Historia
junio 30, 2026

Actualizado el julio 1, 2026

EE.UU. amenaza con reanudar la guerra con Irán en medio de negociaciones estancadas

Estados Unidos ha advertido que tiene la capacidad de reanudar la guerra contra Irán si sus "líneas rojas" no son respetadas durante las negociaciones de paz indirectas, que se encuentran estancadas. Las tensiones giran en torno al programa nuclear iraní y el bloqueo del estrecho de Ormuz.

Estados Unidos dice querer paz, pero al mismo tiempo exhibe músculo militar y amenaza con reabrir el frente de guerra con Irán. Las negociaciones indirectas están estancadas, y cada bando acusa al otro de dinamitar la mesa mientras el estrecho de Ormuz y el programa nuclear se convierten en rehenes estratégicos.

Washington: paz con "líneas rojas" y bloqueo

Desde la versión más alineada con la Casa Blanca, el mensaje es claro: EE. UU. asegura que tiene los medios para reanudar la guerra, y que “cualquier acuerdo de paz solo será posible si se respetan sus ‘líneas rojas’”. Esas líneas incluyen que “Irán debe aceptar que nunca tendrá armas nucleares” y que sus reservas de uranio altamente enriquecido sean “DESTRUIDAS”.

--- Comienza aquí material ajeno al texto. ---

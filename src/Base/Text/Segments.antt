-- ===== src/Base/Text/Segments.antt =====
-- Texts that are put together of segments with separators between them, and taken apart again.
use Prim.Native.Nat.{ℕ}
use Prim.Native.Char.{Char, code}
use Prim.Native.String.{String, ◌++◌}
use text.Mathlib.TextLemmas.{nil-append, cons-append, append_cancel_left}
use mathlib.Core.Path.{◌≡◌, refl, sym, ap, ap₂, subst, ◌∙◌}
use mathlib.Core.Logic.{◌≢◌}
use mathlib.Core.Bool.{Bool, true, not, ◌&&◌}
use native.Mathlib.Omega.{arith}
use package.moaray.Base.Tests.{◌==◌, ==_iff}

-- No character of the text has the code `c`.
abbrev pub Free : ℕ → String → Type 0
Free c String.[] = Unit
Free c (String.◌∷◌ d s) = (code d ≢ c) × Free c s

pub Free-append : (c : ℕ) (s t : String) → Free c s → Free c t → Free c (s ++ t)
Free-append c String.[] t f g = rw nil-append g
Free-append c (String.◌∷◌ d s) t f g = rw (cons-append d s t) (f.0, Free-append c s t f.1 g)

pub head_eq : {c d : Char} {s t : String} → String.◌∷◌ c s ≡ String.◌∷◌ d t → code c ≡ code d
head_eq h = cc h

tail_eq : {c d : Char} {s t : String} → String.◌∷◌ c s ≡ String.◌∷◌ d t → s ≡ t
tail_eq h = cc h

cons_eq : {c d : Char} {s t : String} → String.◌∷◌ c s ≡ String.◌∷◌ d t → c ≡ d
cons_eq h = cc h

-- A text that holds the separator is not free of it.
pub not-Free : (c : Char) (s u : String) → ¬ Free (code c) (s ++ String.◌∷◌ c u)
not-Free c String.[] u f = (rw nil-append at f).0 refl
not-Free c (String.◌∷◌ d s) u f = not-Free c s u (rw (cons-append d s (String.◌∷◌ c u)) at f).1

-- Texts that agree up to a separator that neither holds before it agree before and behind it.
pub first_segment :
    (c : Char) (a b r s : String)
    → Free (code c) a
    → Free (code c) b
    → a ++ String.◌∷◌ c r ≡ b ++ String.◌∷◌ c s
    → (a ≡ b) × (r ≡ s)
first_segment c String.[] String.[] r s f g h =
    (refl, tail_eq (sym (nil-append _) ∙ h ∙ nil-append _))
first_segment c String.[] (String.◌∷◌ d b) r s f g h =
    absurd (g.0 (sym (head_eq (sym (nil-append _) ∙ h ∙ cons-append d b _))))
first_segment c (String.◌∷◌ d a) String.[] r s f g h =
    absurd (f.0 (head_eq (sym (cons-append d a _) ∙ h ∙ nil-append _)))
first_segment c (String.◌∷◌ d a) (String.◌∷◌ e b) r s f g h =
    let split = sym (cons-append d a _) ∙ h ∙ cons-append e b _ in
    let rest = first_segment c a b r s f.1 g.1 (tail_eq split) in
    (ap₂ String.◌∷◌ (cons_eq split) rest.0, rest.1)

-- Texts that agree behind a separator that neither holds behind it agree behind and before it.
pub last_segment :
    (c : Char) (r s a b : String)
    → Free (code c) a
    → Free (code c) b
    → r ++ String.◌∷◌ c a ≡ s ++ String.◌∷◌ c b
    → (r ≡ s) × (a ≡ b)
last_segment c String.[] String.[] a b f g h =
    (refl, tail_eq (sym (nil-append _) ∙ h ∙ nil-append _))
last_segment c String.[] (String.◌∷◌ d s) a b f g h = absurd (
    not-Free c s b (subst (Free (code c)) (tail_eq (sym (nil-append _) ∙ h ∙ cons-append d s _)) f))
last_segment c (String.◌∷◌ d r) String.[] a b f g h = absurd (
    not-Free c r a
      (subst (Free (code c)) (sym (tail_eq (sym (cons-append d r _) ∙ h ∙ nil-append _))) g))
last_segment c (String.◌∷◌ d r) (String.◌∷◌ e s) a b f g h =
    let split = sym (cons-append d r _) ∙ h ∙ cons-append e s _ in
    let rest = last_segment c r s a b f g (tail_eq split) in
    (ap₂ String.◌∷◌ (cons_eq split) rest.0, rest.1)

unfoldable pub is_free : ℕ → String → Bool
is_free c String.[] = true
is_free c (String.◌∷◌ d s) = not (code d == c) && is_free c s

-- For a text that is known.
pub is_free_sound : (c : ℕ) (s : String) → is_free c s ≡ true → Free c s
unfolding is_free
is_free_sound c String.[] h = tt
is_free_sound c (String.◌∷◌ d s) h =
    (λ e. ground (arith, h, e, ==_iff (code d) c), is_free_sound c s (ground (arith, h)))

-- The same for a separator that is a text, whose first character does not stand in the segment.
module _ (c : Char) (u : String) where
  pub first_field :
      (a b r s : String)
      → Free (code c) a
      → Free (code c) b
      → a ++ (String.◌∷◌ c u ++ r) ≡ b ++ (String.◌∷◌ c u ++ s)
      → (a ≡ b) × (r ≡ s)
  first_field a b r s f g h =
      let x =
        first_segment c a b (u ++ r) (u ++ s) f g
          (ap (λ t. a ++ t) (sym (cons-append c u r)) ∙ h ∙ ap (λ t. b ++ t) (cons-append c u s)) in
      (x.0, append_cancel_left u r s x.1)

  pub last_field :
      (r s a b : String)
      → Free (code c) u
      → Free (code c) a
      → Free (code c) b
      → r ++ (String.◌∷◌ c u ++ a) ≡ s ++ (String.◌∷◌ c u ++ b)
      → (r ≡ s) × (a ≡ b)
  last_field r s a b v f g h =
      let x =
        last_segment c r s (u ++ a) (u ++ b) (Free-append (code c) u a v f)
          (Free-append (code c) u b v g)
          (ap (λ t. r ++ t) (sym (cons-append c u a)) ∙ h ∙ ap (λ t. s ++ t) (cons-append c u b)) in
      (x.0, append_cancel_left u a b x.1)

Esta mirada subraya el reciente ataque estadounidense a un buque que, según el Pentágono, intentaba romper el bloqueo a los puertos iraníes cerca del estrecho de Ormuz. En este relato, el bloqueo y el disparo de advertencia son herramientas legítimas de presión para forzar concesiones, mientras se recuerda que Irán mantiene prácticamente bloqueado el estrecho, clave para el comercio de hidrocarburos.

Oposición: una paz que huele a ultimátum

La mirada crítica pinta otro cuadro: más que diplomacia, ve un chantaje militarizado. Se enfatiza que Washington “amenaza con reanudar la guerra contra Irán por desacuerdos en las negociaciones” y presume de que “tiene los medios para reanudar la guerra” si Teherán no cede en el tema nuclear, las sanciones y Ormuz.

Esta versión destaca también que Irán niega querer un arma atómica y exige tratar el expediente nuclear solo después de firmar el protocolo de acuerdo, así como desbloquear miles de millones de dólares en activos congelados por EE. UU., frente a una Casa Blanca que ha tachado de “invención” las versiones de un pacto financiero.

Coincidencias y choque frontal

Ambas narrativas coinciden en el diagnóstico: negociaciones encalladas, riesgo real de que el alto el fuego se hunda y un estrecho de Ormuz convertido en cuello de botella global. Pero divergen en la legitimidad del método: para el ala pro-gobierno, la presión militar es necesaria para frenar la bomba iraní; para la oposición, esas mismas “líneas rojas” son el combustible que puede encender, de nuevo, una guerra abierta.